§ **ACTIVITY**: Scan the entries below for the word "true" and copy every line in which it occurs.

§ **DATA SUPPLIED**:

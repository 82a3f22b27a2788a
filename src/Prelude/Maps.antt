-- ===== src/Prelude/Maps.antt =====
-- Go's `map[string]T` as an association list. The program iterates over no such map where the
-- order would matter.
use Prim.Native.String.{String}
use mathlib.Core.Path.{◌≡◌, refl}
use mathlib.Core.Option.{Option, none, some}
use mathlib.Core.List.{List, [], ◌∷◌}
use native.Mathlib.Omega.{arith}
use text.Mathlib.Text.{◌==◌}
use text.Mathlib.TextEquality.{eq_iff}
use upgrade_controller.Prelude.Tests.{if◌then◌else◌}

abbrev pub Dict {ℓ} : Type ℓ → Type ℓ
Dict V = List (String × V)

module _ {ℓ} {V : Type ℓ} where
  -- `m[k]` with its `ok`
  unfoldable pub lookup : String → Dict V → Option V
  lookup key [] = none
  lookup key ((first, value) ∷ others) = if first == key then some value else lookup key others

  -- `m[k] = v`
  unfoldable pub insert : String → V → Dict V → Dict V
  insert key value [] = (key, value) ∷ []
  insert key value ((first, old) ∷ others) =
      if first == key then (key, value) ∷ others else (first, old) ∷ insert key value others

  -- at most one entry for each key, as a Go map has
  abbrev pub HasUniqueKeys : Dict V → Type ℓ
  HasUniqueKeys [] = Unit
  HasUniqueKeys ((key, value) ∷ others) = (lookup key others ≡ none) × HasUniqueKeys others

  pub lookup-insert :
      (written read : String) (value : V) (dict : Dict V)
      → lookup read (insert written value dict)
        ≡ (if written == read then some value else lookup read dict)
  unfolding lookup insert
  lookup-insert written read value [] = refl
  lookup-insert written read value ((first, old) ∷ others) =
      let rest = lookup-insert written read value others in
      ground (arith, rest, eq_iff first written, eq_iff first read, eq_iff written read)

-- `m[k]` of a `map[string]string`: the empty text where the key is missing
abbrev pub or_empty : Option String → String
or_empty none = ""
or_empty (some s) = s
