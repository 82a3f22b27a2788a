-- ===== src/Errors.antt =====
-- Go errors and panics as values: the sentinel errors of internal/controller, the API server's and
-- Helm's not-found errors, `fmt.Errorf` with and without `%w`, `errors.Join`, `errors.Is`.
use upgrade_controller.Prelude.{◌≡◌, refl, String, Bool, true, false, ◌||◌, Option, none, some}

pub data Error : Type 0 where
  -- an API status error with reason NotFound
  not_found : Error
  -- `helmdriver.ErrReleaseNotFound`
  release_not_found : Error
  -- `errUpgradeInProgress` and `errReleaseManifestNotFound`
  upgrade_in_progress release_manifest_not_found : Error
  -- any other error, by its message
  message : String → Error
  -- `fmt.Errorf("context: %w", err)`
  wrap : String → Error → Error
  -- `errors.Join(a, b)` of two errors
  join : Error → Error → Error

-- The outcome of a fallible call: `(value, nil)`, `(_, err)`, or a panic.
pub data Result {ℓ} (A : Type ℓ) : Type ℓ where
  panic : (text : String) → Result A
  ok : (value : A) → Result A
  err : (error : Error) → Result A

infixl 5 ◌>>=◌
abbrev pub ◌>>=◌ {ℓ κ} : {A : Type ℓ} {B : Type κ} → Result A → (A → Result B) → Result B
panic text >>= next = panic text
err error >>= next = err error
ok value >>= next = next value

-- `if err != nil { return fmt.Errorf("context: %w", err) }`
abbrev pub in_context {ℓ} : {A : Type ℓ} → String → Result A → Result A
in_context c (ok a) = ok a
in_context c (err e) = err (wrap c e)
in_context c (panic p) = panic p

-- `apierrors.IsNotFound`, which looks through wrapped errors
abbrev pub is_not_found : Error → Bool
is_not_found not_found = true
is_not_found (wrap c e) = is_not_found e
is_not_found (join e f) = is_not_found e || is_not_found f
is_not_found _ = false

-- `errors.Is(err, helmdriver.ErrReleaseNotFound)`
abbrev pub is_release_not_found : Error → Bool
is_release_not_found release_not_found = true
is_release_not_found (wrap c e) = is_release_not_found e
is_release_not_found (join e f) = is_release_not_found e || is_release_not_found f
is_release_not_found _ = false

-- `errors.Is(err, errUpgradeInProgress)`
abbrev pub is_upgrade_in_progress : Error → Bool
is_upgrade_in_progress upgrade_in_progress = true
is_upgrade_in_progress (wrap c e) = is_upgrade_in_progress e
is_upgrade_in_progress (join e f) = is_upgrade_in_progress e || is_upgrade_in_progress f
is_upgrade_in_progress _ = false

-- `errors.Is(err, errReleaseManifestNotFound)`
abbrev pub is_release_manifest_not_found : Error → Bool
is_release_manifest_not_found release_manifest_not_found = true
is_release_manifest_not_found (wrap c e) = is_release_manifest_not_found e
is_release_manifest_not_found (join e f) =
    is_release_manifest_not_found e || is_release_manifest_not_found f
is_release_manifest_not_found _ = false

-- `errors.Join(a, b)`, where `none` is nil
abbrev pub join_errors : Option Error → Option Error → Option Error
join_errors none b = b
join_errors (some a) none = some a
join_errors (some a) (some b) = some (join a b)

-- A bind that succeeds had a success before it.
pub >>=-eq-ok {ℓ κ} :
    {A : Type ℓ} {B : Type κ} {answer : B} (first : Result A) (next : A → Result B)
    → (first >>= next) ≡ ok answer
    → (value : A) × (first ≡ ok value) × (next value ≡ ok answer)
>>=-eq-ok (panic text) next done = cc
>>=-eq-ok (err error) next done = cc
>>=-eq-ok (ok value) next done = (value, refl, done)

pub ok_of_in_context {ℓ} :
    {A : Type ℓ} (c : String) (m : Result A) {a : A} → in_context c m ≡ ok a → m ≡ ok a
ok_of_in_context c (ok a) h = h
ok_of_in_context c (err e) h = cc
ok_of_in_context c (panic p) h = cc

§ **WRITTEN RESPONSE**:
use upgrade_controller.Prelude.{◌≡◌, refl, String, Bool, true, false, ◌||◌, Option, none, some}
is_not_found not_found = true
is_release_not_found release_not_found = true
is_upgrade_in_progress upgrade_in_progress = true
is_release_manifest_not_found release_manifest_not_found = true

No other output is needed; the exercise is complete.